◆ **What to work on**: Could you reproduce the lines below from the one with "ArgsHold-Extends (var v" through the one with "λ j w g. rw"? Keep both ends and add nothing.

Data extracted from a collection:
________________________

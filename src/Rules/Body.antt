-- ===== src/Rules/Body.antt =====
-- `solve_body` of crates/aa-rules/src/eval.rs, one atom of the body at a time.
use prolog_forge.Prelude.{
  List, [], ◌∷◌, Option, some, ◌≡◌, refl, sym, ◌∙◌, arith, ==_iff, ==_self, nat_eq, list_eq, Str,
  map_get, map_insert, map_get-map_insert, Extends, AllEntries-map_insert, AllEntries-map_get,
  Option-cases, inl, inr, In,
}
use prolog_forge.Graph.Fact.{Fact, fact_eq}
use prolog_forge.Graph.Store.{GraphStore, facts_of}
use prolog_forge.Graph.Unify.{Binding}
use prolog_forge.Graph.Match.{Agrees, Instance}
use prolog_forge.Rules.Ast.{Term, const, var, Atom}
use prolog_forge.Rules.Eval.{merge, merge_entry, to_pattern_args}

-- The atom that a rule's term stands for.
abbrev pub term_value : Binding → Term → Option Str
term_value σ (const c) = some c
term_value σ (var v) = map_get v σ

abbrev pub ArgsHold : Binding → List Term → List Str → Type 0
ArgsHold σ [] [] = Unit
ArgsHold σ (t ∷ ts) (a ∷ as') = (term_value σ t ≡ some a) × ArgsHold σ ts as'
ArgsHold σ _ _ = ⊥

-- Under the binding, some fact of the store has the atom's predicate and arguments.
abbrev pub AtomHolds : GraphStore → Binding → Atom → Type 0
AtomHolds s σ a = (f : Fact) × In f (facts_of s a.predicate) × ArgsHold σ a.args f.args

abbrev pub Satisfies : GraphStore → Binding → List Atom → Type 0
Satisfies s σ [] = Unit
Satisfies s σ (a ∷ body) = AtomHolds s σ a × Satisfies s σ body

pub Extends-trans : (a b c : Binding) → Extends b a → Extends c b → Extends c a
Extends-trans a b c ab bc k v h = bc k v (ab k v h)

pub ArgsHold-Extends :
    (ts : List Term) (as' : List Str) (b b' : Binding)
    → Extends b' b
    → ArgsHold b ts as'
    → ArgsHold b' ts as'
ArgsHold-Extends [] [] b b' ext h = tt
ArgsHold-Extends (const c ∷ ts) (a ∷ as') b b' ext h = (h.0, ArgsHold-Extends ts as' b b' ext h.1)
ArgsHold-Extends (var v ∷ ts) (a ∷ as') b b' ext h =
    (ext v a h.0, ArgsHold-Extends ts as' b b' ext h.1)
ArgsHold-Extends [] (a ∷ as') b b' ext h = h
ArgsHold-Extends (t ∷ ts) [] b b' ext h = h

pub Satisfies-Extends :
    (s : GraphStore) (body : List Atom) (b b' : Binding)
    → Extends b' b
    → Satisfies s b body
    → Satisfies s b' body
Satisfies-Extends s [] b b' ext h = tt
Satisfies-Extends s (a ∷ body) b b' ext h =
    let (f, m, args) = h.0 in
    ((f, m, ArgsHold-Extends a.args f.args b b' ext args), Satisfies-Extends s body b b' ext h.1)

merge_entry_sound :
    (k v : Str) (out out₁ : Binding)
    → merge_entry (map_get k out) k v out ≡ some out₁
    → Extends out₁ out × (map_get k out₁ ≡ some v)
unfolding merge_entry
merge_entry_sound k v out out₁ h = elim (Option-cases (map_get k out)) [
  | inl fresh ↦
      let e : out₁ ≡ map_insert k v out = ground arith in
      (
        λ j w g. rw e (ground (arith, map_get-map_insert j k v out, ==_iff k j)),
        rw e (ground (arith, map_get-map_insert k k v out, ==_self k)),
      )
  | inr (prev, known) ↦ (λ j w e. ground arith, ground (arith, ==_iff prev v))
]

-- A successful merge has the entries of both.
pub merge_sound :
    (add out out' : Binding) → merge out add ≡ some out' → Extends out' out × Extends out' add
unfolding merge map_get
merge_sound [] out out' h = (λ k v e. ground arith, λ k v e. cc)
merge_sound ((k, v) ∷ add) out out' h = elim (Option-cases (merge_entry (map_get k out) k v out)) [
  | inl none_yet ↦ absurd (cc)
  | inr (out₁, step) ↦
      let rest = merge_sound add out₁ out' (ground arith) in
      let first = merge_entry_sound k v out out₁ step in
      (
        Extends-trans out out₁ out' first.0 rest.0,
        λ j w e. ground (arith, ==_iff k j, rest.1 j w, rest.0 k v first.1),
      )
]

pub merge_complete :
    (add out σ : Binding)
    → Agrees σ out
    → Agrees σ add
    → (out' : Binding) × (merge out add ≡ some out') × Agrees σ out'
unfolding merge merge_entry
merge_complete [] out σ ho ha = (out, refl, ho)
merge_complete ((k, v) ∷ add) out σ ho ha = elim (Option-cases (map_get k out)) [
  | inl fresh ↦
      let (out', step, h) =
        merge_complete add (map_insert k v out) σ
          (AllEntries-map_insert (λ k v. map_get k σ ≡ some v) k v out ha.0 ho) ha.1 in
      (out', ground arith, h)
  | inr (prev, known) ↦
      let same : some prev ≡ some v =
        sym (AllEntries-map_get (λ k v. map_get k σ ≡ some v) k prev out ho known) ∙ ha.0 in
      let (out', step, h) = merge_complete add out σ ho ha.1 in
      (out', ground (arith, ==_iff prev v), h)
]

-- The pattern under a binding, read back under a larger one, is the atom under that.
pub pattern-Instance :
    (ts : List Term) (as' : List Str) (b σ : Binding)
    → Extends σ b
    → ArgsHold σ ts as'
    → Instance σ (to_pattern_args ts b) as'
unfolding to_pattern_args
pattern-Instance [] [] b σ ext h = tt
pattern-Instance (const c ∷ ts) (a ∷ as') b σ ext h = (h.0, pattern-Instance ts as' b σ ext h.1)
pattern-Instance (var v ∷ ts) (a ∷ as') b σ ext h = elim (Option-cases (map_get v b)) [
  | inl fresh ↦ rw fresh (h.0, pattern-Instance ts as' b σ ext h.1)
  | inr (val, known) ↦ rw known (sym (ext v val known) ∙ h.0, pattern-Instance ts as' b σ ext h.1)
]
pattern-Instance [] (a ∷ as') b σ ext h = h
pattern-Instance (const c ∷ ts) [] b σ ext h = h
pattern-Instance (var v ∷ ts) [] b σ ext h = h

pub pattern-ArgsHold :
    (ts : List Term) (as' : List Str) (b m b' : Binding)
    → Extends b' b
    → Extends b' m
    → Instance m (to_pattern_args ts b) as'
    → ArgsHold b' ts as'
unfolding to_pattern_args
pattern-ArgsHold [] [] b m b' eb em h = tt
pattern-ArgsHold (const c ∷ ts) (a ∷ as') b m b' eb em h =
    (h.0, pattern-ArgsHold ts as' b m b' eb em h.1)
pattern-ArgsHold (var v ∷ ts) (a ∷ as') b m b' eb em h = elim (Option-cases (map_get v b)) [
  | inl fresh ↦ let h' = rw fresh at h in (em v a h'.0, pattern-ArgsHold ts as' b m b' eb em h'.1)
  | inr (val, known) ↦
      let h' = rw known at h in (eb v val known ∙ h'.0, pattern-ArgsHold ts as' b m b' eb em h'.1)
]
pattern-ArgsHold [] (a ∷ as') b m b' eb em h = h
pattern-ArgsHold (const c ∷ ts) [] b m b' eb em h = h
pattern-ArgsHold (var v ∷ ts) [] b m b' eb em h = h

________________________

◆ **Solution for this exercise**:
ArgsHold-Extends (var v ∷ ts) (a ∷ as') b b' ext h =
    (ext v a h.0, ArgsHold-Extends ts as' b b' ext h.1)
ArgsHold-Extends [] (a ∷ as') b b' ext h = h
ArgsHold-Extends (t ∷ ts) [] b b' ext h = h

pub Satisfies-Extends :
    (s : GraphStore) (body : List Atom) (b b' : Binding)
    → Extends b' b
    → Satisfies s b body
    → Satisfies s b' body
Satisfies-Extends s [] b b' ext h = tt
Satisfies-Extends s (a ∷ body) b b' ext h =
    let (f, m, args) = h.0 in
    ((f, m, ArgsHold-Extends a.args f.args b b' ext args), Satisfies-Extends s body b b' ext h.1)

merge_entry_sound :
    (k v : Str) (out out₁ : Binding)
    → merge_entry (map_get k out) k v out ≡ some out₁
    → Extends out₁ out × (map_get k out₁ ≡ some v)
unfolding merge_entry
merge_entry_sound k v out out₁ h = elim (Option-cases (map_get k out)) [
  | inl fresh ↦
      let e : out₁ ≡ map_insert k v out = ground arith in
      (
        λ j w g. rw e (ground (arith, map_get-map_insert j k v out, ==_iff k j)),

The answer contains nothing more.